The Lake is much bigger than we are, and we are but one of many cities that call Lake Ontario home.

It Takes Six Years for Water to
Pass Through Lake Ontario

Look out at all that water in Lake Ontario. Where does it come from?

Eighty percent of our Lake’s water actually comes from the other Great Lakes, whose waters all flow through Lake Ontario on the journey to the sea. Think of all that water plummeting through Niagara Falls via the Niagara River from Lake Erie.

Once that water enters Lake Ontario, it takes six years to travel through the Lake and reach the St. Lawrence River. This underscores how important it is to take care of our watershed.

As for the rest of the water in Lake Ontario, about 14 percent is fed by our rivers and streams, and the rest from snow and rain.

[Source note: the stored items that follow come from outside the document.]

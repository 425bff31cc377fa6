-- ===== src/Tests/Live.antt =====
-- Runs of the agent's process, of the event bus and of the dashboard's queue.
use mathlib.Core.List.{Perm}
use hosthalla.Base.{
  ◌||◌, ℕ, ◌+◌, ◌*◌, ◌≡◌, ◌≤◌, ◌⊎◌, ◌↔◌, refl, Bool, true, false, List, [], ◌∷◌, none, some, Result,
  ok, length, contains, nat_eq, pure, ◌>>=◌, ◌>>◌, if◌then◌else◌, ◌==◌, arith, driver, exec, store,
  query, query_row, time_now, transaction, framed, lift, sort_by, insert_sorted,
}
use hosthalla.Text.{codes}
use hosthalla.Model.{Uuid, SystemInfo}
use hosthalla.Agent.Runtime.{
  Run, Step, Steps, start, send, receive, here, next, run, finished, run_instance,
}
use hosthalla.Agent.Runtime.Termination.{run_terminates, names_of}
use hosthalla.Agent.Collector as Collector
use hosthalla.Agent.Collector.{Collector, Reach, collecting, waiting, enter, with_phase}
use hosthalla.Agent.Collector.Exclusive.{Spaced, Reach-IsExclusive}
use hosthalla.Bus.{Handler, Bus, subscribe, publish_event, subscribe-publish_event}
use hosthalla.Web.Dashboard.{
  DashboardUpdate, dashboard_host_row_update, dashboard_host_metric_update, all_sections,
  client_capacity, new_client, take_up_to, signal_client,
}
use hosthalla.Web.Dashboard.Queue.{
  row, metric, Move, signal, take_next, held, lost, asked, moves, moves-asked,
}
use hosthalla.Host.SystemInfoRepository.{
  upsert_system_info, upsert_system_info_body, upsert_system_row, clear_gpus, insert_gpu,
  insert_gpus, get_system_info, gpu_names, system_row,
}
use hosthalla.Host.SystemInfoRepository.RoundTrip.{stored, upsert_system_info-stored}
use hosthalla.Tests.{inventory}

-- One instance, which ends by itself: the loop is over after two steps.
abbrev ended : Run
ended = record {
  running = [];
  channel = [];
  capacity = 1;
  remaining = 0;
  is_stopping = false;
  is_cancelled = false;
  logged = run_instance (codes "a") (finished none) ∷ [];
}

abbrev sent_one : Run
sent_one = record {
  running = [];
  channel = run_instance (codes "a") (finished none) ∷ [];
  capacity = 1;
  remaining = 1;
  is_stopping = false;
  is_cancelled = false;
  logged = [];
}

ended-Steps : Steps (start (codes "a" ∷ [])) 2 ended
unfolding start
ended-Steps =
    next {t = sent_one} (next here (send [] (codes "a") [] (finished none) refl (omega arith) refl))
      (receive (run_instance (codes "a") (finished none)) [] (omega arith) refl refl)

run_terminates_example :
    (2 ≤ 2 * length (codes "a" ∷ []) + 2)
    × (run (codes "a" ∷ []) ended ≡ none → (u : Run) × Step ended u)
    × ((r : Result (Unit {0}))
        → run (codes "a" ∷ []) ended ≡ some r
        → Perm (names_of ended.logged) (codes "a" ∷ [])
          × ((r ≡ ok tt) ↔ (ended.is_cancelled ≡ true)))
run_terminates_example = run_terminates (codes "a") [] 2 ended ended-Steps

-- Two callers: the second comes while the first collects.
abbrev two_callers : Collector
two_callers = enter 5 2 (enter 5 1 Collector.initial)

two_calls : Reach 5 Collector.initial two_callers
unfolding enter nat_eq
two_calls =
    Reach.next (Reach.next Reach.here (Collector.call 1 refl refl)) (Collector.call 2 refl refl)

Reach-IsExclusive_example :
    ((a b g k : ℕ)
      → two_callers.phases a ≡ collecting g
      → two_callers.phases b ≡ collecting k
      → a ≡ b)
    × Spaced 5 two_callers.starts
    × ((a g : ℕ)
        → two_callers.phases a ≡ waiting g
        → (contains two_callers.closed g ≡ true)
          ⊎ ((b : ℕ) × (two_callers.phases b ≡ collecting g)))
Reach-IsExclusive_example = Reach-IsExclusive 5 two_callers two_calls

-- Handlers that note the number of the event in a list.
abbrev note : Handler (List ℕ) ℕ
note event seen = (ok tt, event ∷ seen)

abbrev empty_bus : Bus (List ℕ) ℕ
empty_bus key = []

abbrev noting_bus : Bus (List ℕ) ℕ
noting_bus key = if key == 4 then note ∷ [] else []

abbrev four : ℕ
four = 4

abbrev own_key : ℕ → ℕ
own_key n = n

subscribe-publish_event_example : publish_event own_key noting_bus (some four) [] ≡ (
    if own_key four == own_key four
    then (publish_event own_key empty_bus (some four) >> note four) []
    else publish_event own_key empty_bus (some four) [])
unfolding subscribe
subscribe-publish_event_example =
    subscribe-publish_event own_key four four note empty_bus noting_bus [] refl

abbrev plain : DashboardUpdate → Move
plain = signal (record { first = 0; second = 0 })

abbrev of_row : DashboardUpdate
of_row = dashboard_host_row_update all_sections 7

-- Eight signals fill the channel; at the ninth the client takes all of them between the selects.
abbrev some_moves : List Move
some_moves =
    plain of_row
    ∷ plain of_row
    ∷ plain of_row
    ∷ plain of_row
    ∷ plain of_row
    ∷ plain of_row
    ∷ plain of_row
    ∷ plain of_row
    ∷ signal (record { first = 8; second = 0 }) (dashboard_host_metric_update all_sections 9)
    ∷ take_next
    ∷ []

-- The ninth is dropped, and the client never hears of what it asks for.
some_moves-drop :
    (lost (metric 9) (moves some_moves new_client) ≡ true)
    × (held (metric 9) (moves some_moves new_client) ≡ false)
unfolding moves signal_client take_up_to dashboard_host_row_update dashboard_host_metric_update
    nat_eq
some_moves-drop = (refl, refl)

moves-asked_example :
    ((held (row 7) (moves some_moves new_client) || lost (row 7) (moves some_moves new_client))
      ≡ asked some_moves (row 7))
    × (length (moves some_moves new_client).channel ≤ client_capacity)
    × (client_capacity * length (moves some_moves new_client).dropped
        ≤ length (moves some_moves new_client).taken)
moves-asked_example = moves-asked some_moves (row 7)

abbrev machine : SystemInfo
machine = record {
  host_id = 1;
  hostname = codes "web";
  os_name = codes "linux";
  os_version = [];
  os_kernel = [];
  total_memory_bytes = 1024;
  cpu_name = codes "x";
  cpu_architecture = [];
  cpu_cores = 4;
  cpu_frequency = 0;
  cpu_threads = 8;
  gpus = codes "a" ∷ codes "b" ∷ [];
  total_disk_bytes = 4096;
}

abbrev any_bits : ℕ → Bool
any_bits n = true

upsert_system_info-stored_example :
    (machine ≡ machine)
    × (stored 1 (upsert_system_info any_bits machine inventory).1.tables ≡ some machine)
    × ((other : Uuid)
        → ¬ (other ≡ 1)
        → stored other (upsert_system_info any_bits machine inventory).1.tables
          ≡ stored other inventory.tables)
unfolding upsert_system_info upsert_system_info_body upsert_system_row clear_gpus insert_gpu
    insert_gpus get_system_info gpu_names system_row query_row query exec store driver time_now
    transaction framed pure lift sort_by insert_sorted ◌>>=◌ nat_eq
upsert_system_info-stored_example =
    upsert_system_info-stored any_bits machine inventory machine refl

Looks can be deceiving. While Lake Erie is slightly larger in surface area, Lake Ontario has nearly four times the water. The depths of the lake descend 244 metres below the surface, while Lake Erie’s maximum depth reaches only 64 metres. This explains why Lake Erie is the warmest of all the Great Lakes.

Our Beautiful Blue Flag Beaches

Lake Ontario is the most threatened of all the Great Lakes. But the water quality has improved to the point that many of our beaches have attained Blue Flag status. Woodbine Beach, Kew- Balmy, Cherry Beach and five others were awarded Blue Flag status in 2014, which means they meet international standards for water quality, cleanliness and safety.

Toronto was Carved by Glaciers

The Laurentide Ice Sheet, which once covered all of Canada, began to melt 14,000 to 10,000 years ago. The glaciers gouged out basins, which filled with meltwater and became the Great Lakes. The glaciers also formed the Oak Ridges Moraine over 12,000 years ago. Around 5,000 years ago, Lake Ontario took its present shape.

Lake Ontario, the lake of ‘Shining Waters’

A good name sticks. The name Lake Ontario hails from the Iroquoian language, and means “lake of shining waters.”

Even though the Iroquois were not here when the European settlers arrived, their name for the lake remains. When the Anishinabe (now the present day Ojibway and Mississauga) took over the Iroquois territory around 1700 they kept the name, maybe because of the lake’s luminous shine.